Over the past decade, there has been increased attention to the idea that students should learn how to make sense of data and use it in decision-making. It could be the next new big thing in education, hot on the heels of coding. But, depending on how the interest in data literacy develops, being the next big thing might not be an altogether good thing.

Earlier this month I was invited to participate in a meeting to think about the future of “data literacy.” There seemed to be a sense that we could be poised to either make some real progress or to screw things up.  It was not quite as dramatic as the image on the right suggests, but it had that feel to it for me. In this post, I share some of the ideas and opinions aired in that meeting.

Forum and Participants

The meeting took place at ASU GSV X, which bills itself as the “World’s Leading Education and Workforce Innovation Summit.”  Speakers include Andre Agassi, Tony Blair, Karl Rove, Priscilla Chan (Mark Zuckerberg’s spouse and partner in the Chan Zuckerberg Initiative), Sal Khan, Geoffrey Canada, and similar luminaries. The price for general admission was $3,195.  So, a “high end” event.

The session that I participated in virtually (whew! much cheaper) was titled “Is There a Need for Data Literacy Standards?”  It was hosted by ETS and Tuva, a company that provides online tools, curated datasets, and other curriculum supports for data literacy. The meeting was described as follows in the conference program:

This workshop will bring together subject matter experts to discuss their individual work on data literacy. We will also discuss whether any collective activities like standards development would aid individual efforts and the goal of improving data literacy in general in K-12 classrooms and, consequently higher education and the workplace. Besides standards, other proposals or ideas for collaboration are welcome.

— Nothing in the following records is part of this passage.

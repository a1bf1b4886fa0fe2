-- ===== src/Board/Lock/Tests.antt =====
-- Runs of src/board/lock.ts, and its theorem at a concrete input.
use pi_kiwifs_memory.Prelude.{
  ℕ, ◌≡◌, refl, arith, All, if◌then◌else◌, false, not, none, some, List, [], ◌∷◌, ◌==◌,
}
use pi_kiwifs_memory.Board.Lock.{
  outside, refused, owning, World, Answer, LockStep, acts, set_phase, holder_of, modified_of,
  is_dead, is_stale, open_exclusive, next_attempt, write_pid, act, lock_step, run_lock,
  lock_stale_ms,
}
use pi_kiwifs_memory.Board.Lock.Guarded.{IsGuarded, IsOutsider, run_lock-IsGuarded}

-- The process 9 has died.
abbrev answer : Answer
answer = record { now = 100; pid_alive = λ q. not (q == 9); fails = false }

-- The process 1 owns the lock since the time 50, and the process 2 begins.
abbrev owned : World
owned = record {
  file = some (record { inode = 5; holder = some 1; modified = 50 });
  next_inode = 6;
  phase = λ q. if q == 1 then owning 5 else outside;
}

owned-IsGuarded : IsGuarded 1 5 50 owned
owned-IsGuarded = record {
  owns = refl;
  standing = refl;
  others = λ q far. (let other : (q == 1) ≡ false = ground (arith, far) in simp other tt);
}

abbrev tries : List LockStep
tries = acts answer 2 ∷ acts answer 2 ∷ acts answer 2 ∷ acts answer 2 ∷ []

outsiders : All (IsOutsider 1 50) tries
outsiders =
    let one : IsOutsider 1 50 (acts answer 2) = (omega arith, refl, omega arith) in
    (one, (one, (one, (one, tt))))

run_lock-IsGuarded_example : IsGuarded 1 5 50 (run_lock tries owned)
run_lock-IsGuarded_example = run_lock-IsGuarded 1 5 50 tries owned outsiders owned-IsGuarded

-- It is refused, with the pid of the owner.
second_refused : (run_lock tries owned).phase 2 ≡ refused (some 1)
unfolding run_lock lock_step act set_phase holder_of modified_of is_dead is_stale open_exclusive
    lock_stale_ms
second_refused = refl

-- The lock of a dead process.
abbrev left_behind : World
left_behind = record {
  file = some (record { inode = 1; holder = some 9; modified = 0 });
  next_inode = 2;
  phase = λ q. outside;
}

abbrev by : ℕ → LockStep
by p = acts answer p

-- Two processes find the lock stale; the second then removes the one that the first has just made.
abbrev race : List LockStep
race =
    by 1
    ∷ by 1
    ∷ by 1
    ∷ by 1
    ∷ by 2
    ∷ by 2
    ∷ by 2
    ∷ by 2
    ∷ by 1
    ∷ by 1
    ∷ by 1
    ∷ by 2
    ∷ by 2
    ∷ by 2
    ∷ []

first_owns : (run_lock race left_behind).phase 1 ≡ owning 2
unfolding run_lock lock_step act set_phase holder_of modified_of is_dead is_stale open_exclusive
    next_attempt write_pid lock_stale_ms
first_owns = refl

second_owns : (run_lock race left_behind).phase 2 ≡ owning 3
unfolding run_lock lock_step act set_phase holder_of modified_of is_dead is_stale open_exclusive
    next_attempt write_pid lock_stale_ms
second_owns = refl

-- Two processes at a path without a file: the second finds the file of the first before its pid is
-- written.
abbrev fresh : World
fresh = record { file = none; next_inode = 2; phase = λ q. outside }

abbrev early : List LockStep
early = by 1 ∷ by 1 ∷ by 2 ∷ by 2 ∷ by 2 ∷ by 2 ∷ by 2 ∷ by 1 ∷ by 2 ∷ by 2 ∷ []

creator_owns : (run_lock early fresh).phase 1 ≡ owning 2
unfolding run_lock lock_step act set_phase holder_of modified_of is_dead is_stale open_exclusive
    next_attempt write_pid lock_stale_ms
creator_owns = refl

breaker_owns : (run_lock early fresh).phase 2 ≡ owning 3
unfolding run_lock lock_step act set_phase holder_of modified_of is_dead is_stale open_exclusive
    next_attempt write_pid lock_stale_ms
breaker_owns = refl
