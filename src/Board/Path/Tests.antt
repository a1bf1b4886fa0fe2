-- ===== src/Board/Path/Tests.antt =====
-- Runs of the path rules of src/board/repository.ts.
use pi_kiwifs_memory.Prelude.{◌≡◌, refl, none, some}
use pi_kiwifs_memory.Guard.{strip_prefix, has_dot_dot}
use pi_kiwifs_memory.Board.Path.{
  board_channel_of_path, board_msg_id_of_path, behind_channel, after_board, after_slash,
  before_slash, is_channel, lower_or_digit, hex_digit, is_message_file, stem,
}

path_id : board_msg_id_of_path "board/general/0123456789abcdef.md" ≡ some "0123456789abcdef"
unfolding board_msg_id_of_path behind_channel after_board after_slash before_slash is_channel
    lower_or_digit hex_digit is_message_file stem strip_prefix has_dot_dot
path_id = refl

path_channel : board_channel_of_path "board/general/0123456789abcdef.md" ≡ some "general"
unfolding board_channel_of_path board_msg_id_of_path behind_channel after_board after_slash
    before_slash is_channel lower_or_digit hex_digit is_message_file stem strip_prefix has_dot_dot
path_channel = refl

other_suffix : board_msg_id_of_path "board/general/0123456789abcdef.mdx" ≡ none
unfolding board_msg_id_of_path behind_channel after_board after_slash before_slash is_channel
    lower_or_digit hex_digit is_message_file stem strip_prefix has_dot_dot
other_suffix = refl
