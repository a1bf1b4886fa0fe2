-- ===== src/Board/Planning.antt =====
-- src/board/cleanup.ts: the preview of a removal (planBoardCleanup).
pub mod Planned
mod Tests
use pi_kiwifs_memory.Prelude.{
  ℕ, zero, suc, ◌+◌, max, String, Bool, true, false, ◌||◌, not, Option, none, some, List, [], ◌∷◌,
  ◌++◌, length, leb, str_eq, if◌then◌else◌,
}
use pi_kiwifs_memory.Board.Path.{board_msg_id_of_path}
use pi_kiwifs_memory.Board.Cleanup.{
  CandidateReadView, Reason, Eligibility, eligible, ineligible, evaluate_cleanup_candidate,
}
use pi_kiwifs_memory.Board.Execution.{FreshRead, PreviewItem, Preview}

-- The listing of the board's paths.
pub data ListAnswer : Type 0 where
  list_private list_failed : ListAnswer
  listed : List String → Bool → ListAnswer

pub data PlanRead : Type 0 where
  plan_failed plan_ineligible : PlanRead
  plan_ok : FreshRead → PlanRead

pub data PlanReason : Type 0 where
  no_id unreadable refused_read : PlanReason
  not_eligible : Reason → PlanReason

pub record Plan : Type 0 where
  pub items : List PreviewItem
  pub left_out : List (String × PlanReason)
  pub read_truncated : Bool

pub data PlanOutcome : Type 0 where
  plan_no_identity plan_listing_failed plan_private : PlanOutcome
  planned : Plan → Bool → PlanOutcome

pub leave_out : String → PlanReason → Plan → Plan
leave_out path reason x = record x { left_out = x.left_out ++ (path, reason) ∷ [] }

pub item_of : String → FreshRead → PreviewItem
item_of path r = record {
  item_msg_id = r.read_msg_id;
  item_path = path;
  item_created = r.read_view.created;
  item_etag = r.read_etag;
}

pub propose : String → FreshRead → Eligibility → Plan → Plan
propose path r eligible x = record x { items = x.items ++ item_of path r ∷ [] }
propose path r (ineligible reason) x = leave_out path (not_eligible reason) x

-- `read` is the repository's fresh read of a path, `acked` the local acknowledgments.
module _ (parse : String → Option ℕ) (own_from : String) (now : ℕ) (read : String → PlanRead)
    (acked : String → Option ℕ) where
  pub plan_read : String → String → PlanRead → Plan → Plan
  plan_read path id plan_failed x = leave_out path unreadable x
  plan_read path id plan_ineligible x = leave_out path refused_read x
  plan_read path id (plan_ok r) x =
      propose path r (evaluate_cleanup_candidate parse r.read_view (acked id) own_from now) x

  pub plan_path : String → Option String → Plan → Plan
  plan_path path none x = leave_out path no_id x
  plan_path path (some id) x = plan_read path id (read path) x

  pub is_full : ℕ → ℕ → Plan → Bool
  is_full max_candidates max_reads x =
      leb max_candidates (length x.items) || leb max_reads (length x.left_out + length x.items)

  pub plan_paths : ℕ → ℕ → List String → Plan → Plan
  plan_paths max_candidates max_reads [] x = x
  plan_paths max_candidates max_reads (path ∷ paths) x =
      let rest =
        plan_paths max_candidates max_reads paths (plan_path path (board_msg_id_of_path path) x) in
      if is_full max_candidates max_reads x then record x { read_truncated = true } else rest

  pub plan_listing : ℕ → ℕ → ListAnswer → PlanOutcome
  plan_listing max_candidates max_reads list_private = plan_private
  plan_listing max_candidates max_reads list_failed = plan_listing_failed
  plan_listing max_candidates max_reads (listed paths truncated) =
      planned
        (plan_paths max_candidates max_reads paths
          (record { items = []; left_out = []; read_truncated = false }))
        truncated

  pub plan_board_cleanup : ℕ → ℕ → ListAnswer → PlanOutcome
  plan_board_cleanup max_candidates max_reads listing =
      if str_eq own_from ""
      then plan_no_identity
      else plan_listing (max 1 max_candidates) (max 1 max_reads) listing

The desired outcome of the workshop is to determine whether and how we can advance data literacy by working together.

My fellow virtual participants were an impressive group, including Helen Quinn (Chair the committee that produced A Framework for K-12 Science Education, the foundation document for the Next Generation Science Standards), Rob Gould (Director of the Center for Teaching Statistics at UCLA), William Finzer (who lead development of Fathom, a software precursor to current tools), Chad Dorsey (CEO of the Concord Consortium, which developed CODAP, an online data analysis tool), and many others.

A Big Umbrella

Suppose you are at a conference. It could be ASU GSV X, NSTA, CitSci, or any other. Someone you meet says that she thinks that data literacy is really important.  You agree.  Do you REALLY agree?  Last week’s meeting suggests that the answer is “Maybe not so much.”

The meeting began with the questions of whether there would be value in bringing people together to develop a set of data literacy standards and why one might need such standards.  Among the first answers was, “To certify that someone has the qualifications to be a data scientist.”

This was not what I expected. I was thinking about kids in schools. But, hey … this was a “workforce innovation summit.” If we are training data scientists, we need a way to know that they can do the job.  Later in the meeting, there was a discussion about the knowledge that school teachers need, but it had nothing to do with their ability to teach students to make sense of data. Data literate teachers are proficient at using data about students to make instructional decisions. The conversation about the need to prepare and certify data scientists did eventually include programs at the middle school and high school level, but oriented more toward the “pipeline” metaphor: We need to ensure that students are developing required knowledge and skills early in their learning so that they are in the pipeline to become data scientists later on.

Coding and Computer Science as Models?

One participant connected data literacy with the much broader idea of “digital literacy.” After some discussion, the takeaway, as I understood it, was that there may be some low-level intersection between the two kinds of literacy, but that it is useful to keep them separate. Even so, there was broad recognition that computer science has emerged over the past 5-10 years as a topic of study of its own, now with its own Advanced Placement courses, instructional standards, and examinations.  Many high schools now offer it as a course, just like other science and math courses.  Could/should instruction about data literacy develop along a similar path?  This is where the conversation got interesting.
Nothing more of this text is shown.